— To do —
How many lines in this material include the string "same"? Answer with the number and nothing further.

— Material supplied —
####################

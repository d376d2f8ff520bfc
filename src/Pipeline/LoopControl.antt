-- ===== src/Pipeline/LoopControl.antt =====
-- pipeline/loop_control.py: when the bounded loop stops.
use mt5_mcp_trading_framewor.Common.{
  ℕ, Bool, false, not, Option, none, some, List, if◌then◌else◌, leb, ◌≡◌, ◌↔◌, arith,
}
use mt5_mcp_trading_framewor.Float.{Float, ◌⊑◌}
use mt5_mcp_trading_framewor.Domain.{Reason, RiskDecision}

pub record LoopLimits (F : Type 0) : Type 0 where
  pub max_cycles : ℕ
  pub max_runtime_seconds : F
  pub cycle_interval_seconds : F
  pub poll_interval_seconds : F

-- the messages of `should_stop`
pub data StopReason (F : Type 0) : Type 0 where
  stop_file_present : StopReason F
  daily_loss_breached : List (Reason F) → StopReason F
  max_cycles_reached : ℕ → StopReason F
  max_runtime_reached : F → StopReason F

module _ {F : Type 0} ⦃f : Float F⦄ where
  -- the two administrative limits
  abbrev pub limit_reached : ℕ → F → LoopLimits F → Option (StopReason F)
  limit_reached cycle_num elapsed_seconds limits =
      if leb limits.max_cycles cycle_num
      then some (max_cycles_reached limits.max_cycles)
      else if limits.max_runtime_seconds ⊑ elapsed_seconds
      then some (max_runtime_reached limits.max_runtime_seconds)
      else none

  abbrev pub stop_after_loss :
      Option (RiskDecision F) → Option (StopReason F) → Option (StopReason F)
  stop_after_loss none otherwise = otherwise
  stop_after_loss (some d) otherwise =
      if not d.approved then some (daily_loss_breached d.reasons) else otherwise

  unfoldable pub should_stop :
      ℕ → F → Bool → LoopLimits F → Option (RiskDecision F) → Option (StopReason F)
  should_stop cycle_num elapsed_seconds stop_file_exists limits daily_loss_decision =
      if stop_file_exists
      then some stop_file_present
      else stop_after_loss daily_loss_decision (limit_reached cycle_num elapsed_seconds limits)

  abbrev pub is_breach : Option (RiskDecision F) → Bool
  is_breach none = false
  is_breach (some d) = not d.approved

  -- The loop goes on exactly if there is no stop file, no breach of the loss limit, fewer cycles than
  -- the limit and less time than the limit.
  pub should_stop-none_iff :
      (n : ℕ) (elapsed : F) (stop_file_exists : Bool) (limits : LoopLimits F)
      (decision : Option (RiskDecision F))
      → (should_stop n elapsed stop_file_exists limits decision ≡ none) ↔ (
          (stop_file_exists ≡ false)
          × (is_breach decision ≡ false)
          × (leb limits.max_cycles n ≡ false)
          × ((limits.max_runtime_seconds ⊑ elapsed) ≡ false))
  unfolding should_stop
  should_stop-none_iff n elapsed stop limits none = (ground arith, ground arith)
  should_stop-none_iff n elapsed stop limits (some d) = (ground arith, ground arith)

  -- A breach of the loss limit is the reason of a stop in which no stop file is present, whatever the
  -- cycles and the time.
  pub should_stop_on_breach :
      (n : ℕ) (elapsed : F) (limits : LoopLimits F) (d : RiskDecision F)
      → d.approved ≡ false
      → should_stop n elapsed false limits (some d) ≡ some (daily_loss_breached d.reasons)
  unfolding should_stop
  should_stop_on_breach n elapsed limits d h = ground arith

####################

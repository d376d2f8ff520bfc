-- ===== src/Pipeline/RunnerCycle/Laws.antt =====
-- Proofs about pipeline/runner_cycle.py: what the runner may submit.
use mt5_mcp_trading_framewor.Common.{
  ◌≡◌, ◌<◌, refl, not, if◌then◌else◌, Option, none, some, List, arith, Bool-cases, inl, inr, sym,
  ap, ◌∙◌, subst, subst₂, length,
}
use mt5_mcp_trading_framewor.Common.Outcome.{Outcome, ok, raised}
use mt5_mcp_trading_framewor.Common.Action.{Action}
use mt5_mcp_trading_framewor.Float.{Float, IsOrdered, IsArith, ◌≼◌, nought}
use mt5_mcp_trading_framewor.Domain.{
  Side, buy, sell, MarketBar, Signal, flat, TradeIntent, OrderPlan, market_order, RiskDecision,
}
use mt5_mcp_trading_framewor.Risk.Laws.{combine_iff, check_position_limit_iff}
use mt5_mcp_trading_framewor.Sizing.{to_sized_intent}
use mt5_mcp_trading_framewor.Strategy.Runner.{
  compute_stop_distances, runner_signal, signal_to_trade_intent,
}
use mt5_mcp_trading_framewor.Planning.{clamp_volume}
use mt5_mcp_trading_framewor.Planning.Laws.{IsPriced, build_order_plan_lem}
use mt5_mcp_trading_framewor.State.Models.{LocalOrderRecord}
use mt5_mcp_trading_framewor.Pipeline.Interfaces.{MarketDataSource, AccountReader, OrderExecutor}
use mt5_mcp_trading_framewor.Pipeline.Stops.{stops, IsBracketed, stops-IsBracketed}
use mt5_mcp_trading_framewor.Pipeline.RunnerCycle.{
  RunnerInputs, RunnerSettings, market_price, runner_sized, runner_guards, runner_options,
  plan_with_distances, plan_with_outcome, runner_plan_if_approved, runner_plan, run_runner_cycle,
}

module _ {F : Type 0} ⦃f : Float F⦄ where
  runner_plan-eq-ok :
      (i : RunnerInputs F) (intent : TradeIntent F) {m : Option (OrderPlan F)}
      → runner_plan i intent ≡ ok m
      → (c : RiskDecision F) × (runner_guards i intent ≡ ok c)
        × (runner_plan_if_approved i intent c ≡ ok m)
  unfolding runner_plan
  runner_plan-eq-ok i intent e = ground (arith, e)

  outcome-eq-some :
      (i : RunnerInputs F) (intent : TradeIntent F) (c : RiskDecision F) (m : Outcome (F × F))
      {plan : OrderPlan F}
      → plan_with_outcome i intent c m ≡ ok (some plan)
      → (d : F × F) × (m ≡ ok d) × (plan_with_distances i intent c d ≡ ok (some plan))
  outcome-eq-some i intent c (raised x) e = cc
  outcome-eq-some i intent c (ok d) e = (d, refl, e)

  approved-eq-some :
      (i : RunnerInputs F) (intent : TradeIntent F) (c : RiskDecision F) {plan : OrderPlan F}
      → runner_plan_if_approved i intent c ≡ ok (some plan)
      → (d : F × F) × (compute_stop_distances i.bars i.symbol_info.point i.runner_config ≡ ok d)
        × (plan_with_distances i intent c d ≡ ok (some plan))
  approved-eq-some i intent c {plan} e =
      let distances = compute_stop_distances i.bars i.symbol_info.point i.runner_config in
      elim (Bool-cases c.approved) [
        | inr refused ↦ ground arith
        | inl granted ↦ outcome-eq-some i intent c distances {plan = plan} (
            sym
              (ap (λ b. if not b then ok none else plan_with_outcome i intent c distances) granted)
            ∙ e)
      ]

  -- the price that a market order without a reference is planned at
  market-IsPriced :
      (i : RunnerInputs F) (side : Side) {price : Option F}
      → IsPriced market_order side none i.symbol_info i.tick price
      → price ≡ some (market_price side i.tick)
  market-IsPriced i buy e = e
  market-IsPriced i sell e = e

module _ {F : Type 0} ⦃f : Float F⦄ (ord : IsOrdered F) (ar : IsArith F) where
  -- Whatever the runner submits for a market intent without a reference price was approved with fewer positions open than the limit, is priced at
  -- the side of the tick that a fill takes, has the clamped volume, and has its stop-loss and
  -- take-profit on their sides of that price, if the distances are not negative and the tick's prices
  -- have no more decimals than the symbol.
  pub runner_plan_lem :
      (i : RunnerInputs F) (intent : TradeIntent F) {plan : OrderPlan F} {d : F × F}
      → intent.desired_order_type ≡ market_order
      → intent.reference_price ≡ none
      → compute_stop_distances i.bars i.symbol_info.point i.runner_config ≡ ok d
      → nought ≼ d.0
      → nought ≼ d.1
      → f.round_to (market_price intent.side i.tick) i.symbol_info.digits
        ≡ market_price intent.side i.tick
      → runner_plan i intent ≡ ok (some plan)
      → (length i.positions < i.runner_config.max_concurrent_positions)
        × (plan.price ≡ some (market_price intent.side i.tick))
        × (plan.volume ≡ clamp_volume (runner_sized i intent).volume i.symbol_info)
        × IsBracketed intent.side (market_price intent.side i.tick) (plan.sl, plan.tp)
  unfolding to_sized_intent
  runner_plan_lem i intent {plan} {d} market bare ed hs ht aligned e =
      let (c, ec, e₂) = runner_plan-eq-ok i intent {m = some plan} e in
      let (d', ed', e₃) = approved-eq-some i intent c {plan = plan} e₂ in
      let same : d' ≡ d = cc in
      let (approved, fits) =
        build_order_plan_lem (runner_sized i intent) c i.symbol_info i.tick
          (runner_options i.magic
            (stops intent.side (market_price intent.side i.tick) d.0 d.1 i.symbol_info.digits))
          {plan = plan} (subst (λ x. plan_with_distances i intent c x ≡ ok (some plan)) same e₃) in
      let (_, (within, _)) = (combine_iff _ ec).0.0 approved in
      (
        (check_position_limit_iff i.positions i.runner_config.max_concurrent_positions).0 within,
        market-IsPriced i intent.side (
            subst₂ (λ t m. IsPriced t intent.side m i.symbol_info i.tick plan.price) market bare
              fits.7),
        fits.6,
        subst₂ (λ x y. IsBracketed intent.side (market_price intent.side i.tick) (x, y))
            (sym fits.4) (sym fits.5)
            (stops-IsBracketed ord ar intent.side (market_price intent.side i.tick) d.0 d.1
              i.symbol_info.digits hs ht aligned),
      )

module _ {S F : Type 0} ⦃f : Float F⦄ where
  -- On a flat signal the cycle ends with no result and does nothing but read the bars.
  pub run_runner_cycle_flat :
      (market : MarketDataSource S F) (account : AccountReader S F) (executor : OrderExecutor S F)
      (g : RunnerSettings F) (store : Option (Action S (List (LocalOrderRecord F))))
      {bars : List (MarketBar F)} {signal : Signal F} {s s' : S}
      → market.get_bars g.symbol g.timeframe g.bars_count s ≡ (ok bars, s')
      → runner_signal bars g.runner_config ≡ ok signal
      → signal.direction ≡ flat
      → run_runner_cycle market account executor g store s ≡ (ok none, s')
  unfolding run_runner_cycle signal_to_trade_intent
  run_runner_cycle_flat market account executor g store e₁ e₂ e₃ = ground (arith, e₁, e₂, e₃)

####################

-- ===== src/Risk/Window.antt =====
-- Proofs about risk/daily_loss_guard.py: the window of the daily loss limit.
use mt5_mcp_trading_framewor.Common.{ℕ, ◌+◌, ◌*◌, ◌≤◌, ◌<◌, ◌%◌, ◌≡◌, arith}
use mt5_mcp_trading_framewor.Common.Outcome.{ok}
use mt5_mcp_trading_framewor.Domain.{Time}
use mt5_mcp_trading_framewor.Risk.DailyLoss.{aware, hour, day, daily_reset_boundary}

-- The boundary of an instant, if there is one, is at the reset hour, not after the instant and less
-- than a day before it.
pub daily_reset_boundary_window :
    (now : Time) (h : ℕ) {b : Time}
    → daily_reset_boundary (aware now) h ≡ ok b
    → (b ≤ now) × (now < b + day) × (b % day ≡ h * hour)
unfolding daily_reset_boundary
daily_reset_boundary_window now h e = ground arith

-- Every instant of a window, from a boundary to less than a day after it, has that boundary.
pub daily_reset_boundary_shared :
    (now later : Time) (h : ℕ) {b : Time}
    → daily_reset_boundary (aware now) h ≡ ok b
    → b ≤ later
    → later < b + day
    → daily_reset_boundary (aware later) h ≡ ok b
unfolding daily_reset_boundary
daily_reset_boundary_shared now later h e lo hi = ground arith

####################

— Exercise answer —
2